* _Task instructions_
If a line in the listing below includes the word "cases", pick it out.

-- Data for review follows --

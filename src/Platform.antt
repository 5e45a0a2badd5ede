-- ===== src/Platform.antt =====
-- What the operator calls and does not implement: apimachinery's quantities, times, conditions and
-- owner references, the hash of crypto/sha256 and the quoting of strconv. The model takes them as
-- a parameter.
use bruk.Prelude.{ℕ, String, Bool, List}
use bruk.Prelude.Int.{ℤ}
use bruk.Result.{Result}
use bruk.Kube.Condition.{Condition}

pub record Platform : Type 1 where
  -- `resource.Quantity`, `resource.NewQuantity(n, DecimalSI)` and `resource.MustParse`.
  pub Quantity : Type 0
  pub new_quantity : ℤ → Quantity
  pub must_parse : String → Quantity
  -- `metav1.Time`, its zero value, `Equal` and `Before`.
  pub Time : Type 0
  pub zero_time : Time
  pub time_equal : Time → Time → Bool
  pub time_before : Time → Time → Bool
  -- `metav1.OwnerReference`. `SetControllerReference` reads the owner's name, namespace and UID and
  -- the object's namespace, and adds to its references; `IsControlledBy` compares UIDs.
  pub OwnerReference : Type 0
  pub set_controller_reference :
      (owner_name owner_namespace owner_uid namespace : String)
      → List OwnerReference
      → Result (List OwnerReference)
  pub is_controlled_by : List OwnerReference → String → Bool
  -- `meta.SetStatusCondition`, but for the transition time that it keeps.
  pub set_status_condition : List Condition → Condition → List Condition
  -- `strconv.Quote`, as `%q` applies it, and the bytes of `sha256.Sum256`.
  pub quote : String → String
  pub sha256 : String → List ℕ
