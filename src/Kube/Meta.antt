-- ===== src/Kube/Meta.antt =====
-- `metav1.TypeMeta`, `metav1.ObjectMeta`, and the keys by which objects are fetched.
use bruk.Prelude.{String, List, [], Option}
use bruk.Prelude.Int.{ℤ, pos}
use bruk.Platform.{Platform}

pub record TypeMeta : Type 0 where
  pub api_version : String
  pub kind : String

-- `metav1.ListMeta`, which the operator only copies.
pub record ListMeta : Type 0 where
  pub self_link : String
  pub resource_version : String
  pub continue : String
  pub remaining_item_count : Option ℤ

-- `types.NamespacedName`; a cluster-scoped object has the namespace "".
pub record NamespacedName : Type 0 where
  pub name : String
  pub namespace : String

abbrev pub no_type_meta : TypeMeta
no_type_meta = record { api_version = ""; kind = "" }

module _ (K : Platform) where
  pub record ObjectMeta : Type 0 where
    pub name : String
    pub namespace : String
    pub uid : String
    pub generation : ℤ
    pub creation_timestamp : K.Time
    pub labels : List (String × String)
    pub annotations : List (String × String)
    pub owner_references : List K.OwnerReference

  -- The zero value of the struct, which the renderer's literals start from.
  abbrev pub no_object_meta : ObjectMeta
  no_object_meta = record {
    name = "";
    namespace = "";
    uid = "";
    generation = pos 0;
    creation_timestamp = K.zero_time;
    labels = [];
    annotations = [];
    owner_references = [];
  }
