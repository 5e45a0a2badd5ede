-- ===== src/Kube/Workload.antt =====
-- Pods, Deployments, Services, ConfigMaps and Secrets, with the fields that the operator uses.
use bruk.Prelude.{ℕ, String, List, Option}
use bruk.Prelude.Int.{ℤ}
use bruk.Platform.{Platform}
use bruk.Kube.Condition.{ConditionStatus}
use bruk.Kube.Meta.{TypeMeta, ObjectMeta}

pub record SecretKeySelector : Type 0 where
  pub name : String
  pub key : String

-- `corev1.EnvVar`: a literal value, or a reference into a Secret.
pub record EnvVar : Type 0 where
  pub name : String
  pub value : String
  pub value_from : Option SecretKeySelector

pub record VolumeMount : Type 0 where
  pub name : String
  pub mount_path : String
  pub sub_path : String

pub record VolumeDevice : Type 0 where
  pub name : String
  pub device_path : String

-- `corev1.Probe` with an HTTP handler.
pub record Probe : Type 0 where
  pub path : String
  pub port : ℤ
  pub initial_delay_seconds : ℤ
  pub period_seconds : ℤ
  pub failure_threshold : ℤ

pub record ServicePort : Type 0 where
  pub port : ℤ
  pub target_port : ℤ

pub record DeploymentCondition : Type 0 where
  pub type : String
  pub status : ConditionStatus

module _ (K : Platform) where
  pub record EmptyDir : Type 0 where
    pub medium : String
    pub size_limit : Option K.Quantity

  -- `corev1.VolumeSource`: the sources that the operator writes or reads, at most one set. A
  -- ConfigMap source is its name, a claim source the claim's name.
  pub record VolumeSource : Type 0 where
    pub empty_dir : Option EmptyDir
    pub config_map : Option String
    pub persistent_volume_claim : Option String

  pub record Volume : Type 0 where
    pub name : String
    pub source : VolumeSource

  pub record ResourceRequirements : Type 0 where
    pub limits : List (String × K.Quantity)
    pub requests : List (String × K.Quantity)

  pub record Container : Type 0 where
    pub name : String
    pub image : String
    pub args : List String
    pub ports : List ℤ
    pub env : List EnvVar
    pub resources : ResourceRequirements
    pub volume_mounts : List VolumeMount
    pub volume_devices : List VolumeDevice
    pub readiness_probe : Option Probe

  pub record PodSpec : Type 0 where
    pub runtime_class_name : Option String
    pub containers : List Container
    pub volumes : List Volume

  pub record PodTemplateSpec : Type 0 where
    pub metadata : ObjectMeta K
    pub spec : PodSpec

  pub record Pod : Type 0 where
    pub metadata : ObjectMeta K
    pub spec : PodSpec

  pub record DeploymentSpec : Type 0 where
    pub replicas : Option ℤ
    pub strategy : String
    pub selector : List (String × String)
    pub template : PodTemplateSpec

  pub record Deployment : Type 0 where
    pub type_meta : TypeMeta
    pub metadata : ObjectMeta K
    pub spec : DeploymentSpec
    pub conditions : List DeploymentCondition

  pub record Service : Type 0 where
    pub type_meta : TypeMeta
    pub metadata : ObjectMeta K
    pub selector : List (String × String)
    pub ports : List ServicePort

  pub record ConfigMap : Type 0 where
    pub type_meta : TypeMeta
    pub metadata : ObjectMeta K
    pub contents : List (String × String)

  -- The bytes behind each key.
  pub record Secret : Type 0 where
    pub metadata : ObjectMeta K
    pub contents : List (String × List ℕ)
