-- ===== src/Api/Common.antt =====
-- operator/api/v1alpha1/common_types.go
use bruk.Prelude.{String, Option}
use bruk.Platform.{Platform}

pub record LocalRef : Type 0 where
  pub name : String

pub record SecretKeyRef : Type 0 where
  pub name : String
  pub key : String

pub record EndpointStatus : Type 0 where
  pub url : String

module _ (K : Platform) where
  pub record ResourcePair : Type 0 where
    pub limit : K.Quantity
    pub request : Option K.Quantity
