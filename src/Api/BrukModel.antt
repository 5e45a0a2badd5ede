-- ===== src/Api/BrukModel.antt =====
-- operator/api/v1alpha1/brukmodel_types.go
use bruk.Prelude.{String, List, Option, str_eq, if◌then◌else◌}
use bruk.Prelude.Int.{ℤ}
use bruk.Platform.{Platform}
use bruk.Kube.Condition.{Condition}
use bruk.Kube.Meta.{TypeMeta, ObjectMeta, ListMeta}
use bruk.Api.Common.{SecretKeyRef}

abbrev pub Modality : Type 0
Modality = String

abbrev pub modality_text : Modality
modality_text = "text"

abbrev pub modality_image : Modality
modality_image = "image"

abbrev pub ModelFeature : Type 0
ModelFeature = String

abbrev pub feature_tool_calling : ModelFeature
feature_tool_calling = "tool-calling"

abbrev pub feature_structured_output : ModelFeature
feature_structured_output = "structured-output"

pub record HuggingFaceSource : Type 0 where
  pub repo : String
  pub revision : String
  pub token_secret_ref : Option SecretKeyRef

pub record ModelSource : Type 0 where
  pub hugging_face : Option HuggingFaceSource

pub record PricingSpec : Type 0 where
  pub prompt_per_m_tokens : String
  pub completion_per_m_tokens : String
  pub currency : String

pub record CatalogSpec : Type 0 where
  pub display_name : String
  pub description : String
  pub context_length : ℤ
  pub input_modalities : List Modality
  pub output_modalities : List Modality
  pub features : List ModelFeature
  pub license : String
  pub pricing : Option PricingSpec

pub record BrukModelSpec : Type 0 where
  pub source : ModelSource
  pub served_name : String
  pub catalog : CatalogSpec

pub record BrukModelStatus : Type 0 where
  pub observed_generation : ℤ
  pub conditions : List Condition

module _ (K : Platform) where
  pub record BrukModel : Type 0 where
    pub type_meta : TypeMeta
    pub metadata : ObjectMeta K
    pub spec : BrukModelSpec
    pub status : BrukModelStatus

  pub record BrukModelList : Type 0 where
    pub type_meta : TypeMeta
    pub metadata : ListMeta
    pub items : List BrukModel

  -- `ServedModelName`
  pub served_model_name : BrukModel → String
  served_model_name m = if str_eq m.spec.served_name "" then m.metadata.name else m.spec.served_name
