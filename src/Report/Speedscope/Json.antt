-- ===== src/Report/Speedscope/Json.antt =====
-- src/report.rs, lines 254-271: `escape_json`, against a reader of JSON strings.
use pprof_rs.Prelude.{
  ℕ, zero, suc, ◌+◌, ◌-◌, ◌*◌, ◌/◌, ◌%◌, ◌<◌, ◌≡◌, refl, ap, ◌∙◌, Option, none, some, ◌&&◌, ◌||◌,
  [], ◌∷◌, ◌++◌, ltb, leb, ltb→lt, if◌then◌else◌, ◌==◌, ==_iff, Bool-cases, inl, inr, arith,
}
use mathlib.Core.List.{append_assoc}
use pprof_rs.Frames.{Text}
use pprof_rs.Report.Speedscope.{hex_digit, unicode_escape, escape_char, escape_json}

-- Where the reader is: between characters, after a backslash, or in `\u` with some digits to come.
data Place : Type 0 where
  plain escape : Place
  hex : ℕ → ℕ → Place

data Action : Type 0 where
  stop fail : Action
  go : Place → Action
  emit : ℕ → Action

hex_value : ℕ → Option ℕ
hex_value c =
    if leb b'0' c && leb c b'9'
    then some (c - b'0')
    else if leb b'a' c && leb c b'f'
    then some (c - b'a' + 10)
    else if leb b'A' c && leb c b'F'
    then some (c - b'A' + 10)
    else none

-- One digit more; after the last the character is there.
abbrev hex_action : ℕ → ℕ → Option ℕ → Action
hex_action n v none = fail
hex_action zero v (some d) = emit (v * 16 + d)
hex_action (suc n) v (some d) = go (hex n (v * 16 + d))

next : Place → ℕ → Action
unfolding hex_value
next plain c =
    if c == b'"'
    then stop
    else if c == b'\\'
    then go escape
    else if ltb c 0x20
    then fail
    else emit c
next escape c =
    if c == b'"' || c == b'\\' || c == b'/'
    then emit c
    else if c == b'n'
    then emit b'\n'
    else if c == b'r'
    then emit b'\r'
    else if c == b't'
    then emit b'\t'
    else if c == b'b'
    then emit 8
    else if c == b'f'
    then emit 12
    else if c == b'u'
    then go (hex 3 0)
    else fail
next (hex n v) c = hex_action n v (hex_value c)

abbrev onto : ℕ → Option (Text × Text) → Option (Text × Text)
onto c none = none
onto c (some (s, rest)) = some (c ∷ s, rest)

-- The string up to its closing quote, and what follows the quote.
unfoldable read : Place → Text → Option (Text × Text)
unfolding next
read at [] = none
read at (c ∷ cs) = elim (next at c) [
  | stop ↦ some ([], cs)
  | fail ↦ none
  | go at' ↦ read at' cs
  | emit ch ↦ onto ch (read plain cs)
]

pub read_string : Text → Option (Text × Text)
read_string = read plain

hex_value-digit : (d : ℕ) → d < 16 → hex_value (hex_digit d) ≡ some d
unfolding hex_value
hex_value-digit d h = ground arith

read-go : (at at' : Place) (c : ℕ) (cs : Text) → next at c ≡ go at' → read at (c ∷ cs) ≡ read at' cs
unfolding read
read-go at at' c cs h = rw (h, read) refl

read-emit :
    (at : Place) (c ch : ℕ) (cs : Text)
    → next at c ≡ emit ch
    → read at (c ∷ cs) ≡ onto ch (read plain cs)
unfolding read
read-emit at c ch cs h = rw (h, read) refl

read-unicode :
    (c : ℕ) (t : Text) → c < 0x20 → read plain (unicode_escape c ++ t) ≡ onto c (read plain t)
unfolding read next
read-unicode c t h =
    let high : hex_value (hex_digit (c / 16)) ≡ some (c / 16) =
      hex_value-digit (c / 16) (omega arith) in
    let low : hex_value (hex_digit (c % 16)) ≡ some (c % 16) =
      hex_value-digit (c % 16) (omega arith) in
    let from_zero : 0 + c / 16 ≡ c / 16 = omega arith in
    let whole : c / 16 * 16 + c % 16 ≡ c = omega arith in
    read-go (hex 1 0) (hex 0 (c / 16)) (hex_digit (c / 16)) (hex_digit (c % 16) ∷ t)
      (ap (hex_action 1 0) high ∙ ap (λ v. go (hex 0 v)) from_zero)
    ∙ read-emit (hex 0 (c / 16)) (hex_digit (c % 16)) c t
        (ap (hex_action 0 (c / 16)) low ∙ ap emit whole)

read-escape_char : (c : ℕ) (t : Text) → read plain (escape_char c ++ t) ≡ onto c (read plain t)
unfolding read next escape_char
read-escape_char c t = elim (Bool-cases (c == 34)) [
  | inl same ↦ rw ((==_iff c 34).0 same) refl
  | inr a ↦ elim (Bool-cases (c == 92)) [
    | inl same ↦ rw ((==_iff c 92).0 same) refl
    | inr b ↦ elim (Bool-cases (c == 10)) [
      | inl same ↦ rw ((==_iff c 10).0 same) refl
      | inr d ↦ elim (Bool-cases (c == 13)) [
        | inl same ↦ rw ((==_iff c 13).0 same) refl
        | inr e ↦ elim (Bool-cases (c == 9)) [
          | inl same ↦ rw ((==_iff c 9).0 same) refl
          | inr f ↦ elim (Bool-cases (ltb c 0x20)) [
            | inl control ↦
                rw (a, b, d, e, f, control, escape_char) (read-unicode c t (ltb→lt c 0x20 control))
            | inr other ↦
                rw (a, b, d, e, f, other, escape_char)
                  (read-emit plain c c t (rw (a, b, other, next) refl))
          ]
        ]
      ]
    ]
  ]
]

-- A reader of JSON strings reads an escaped text as the text itself, stops at the quote that
-- follows it, and leaves the rest.
pub read_string-escape_json :
    (s rest : Text) → read_string (escape_json s ++ b'"' ∷ rest) ≡ some (s, rest)
unfolding read_string read escape_json
read_string-escape_json [] rest = refl
read_string-escape_json (c ∷ s) rest =
    ap read_string (append_assoc (escape_char c) (escape_json s) (b'"' ∷ rest))
    ∙ read-escape_char c _
    ∙ ap (onto c) (read_string-escape_json s rest)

-- Data for review concluded --

* _Problem solution_
  [], ◌∷◌, ◌++◌, ltb, leb, ltb→lt, if◌then◌else◌, ◌==◌, ==_iff, Bool-cases, inl, inr, arith,
read-escape_char c t = elim (Bool-cases (c == 34)) [
  | inr a ↦ elim (Bool-cases (c == 92)) [
    | inr b ↦ elim (Bool-cases (c == 10)) [
      | inr d ↦ elim (Bool-cases (c == 13)) [
        | inr e ↦ elim (Bool-cases (c == 9)) [
          | inr f ↦ elim (Bool-cases (ltb c 0x20)) [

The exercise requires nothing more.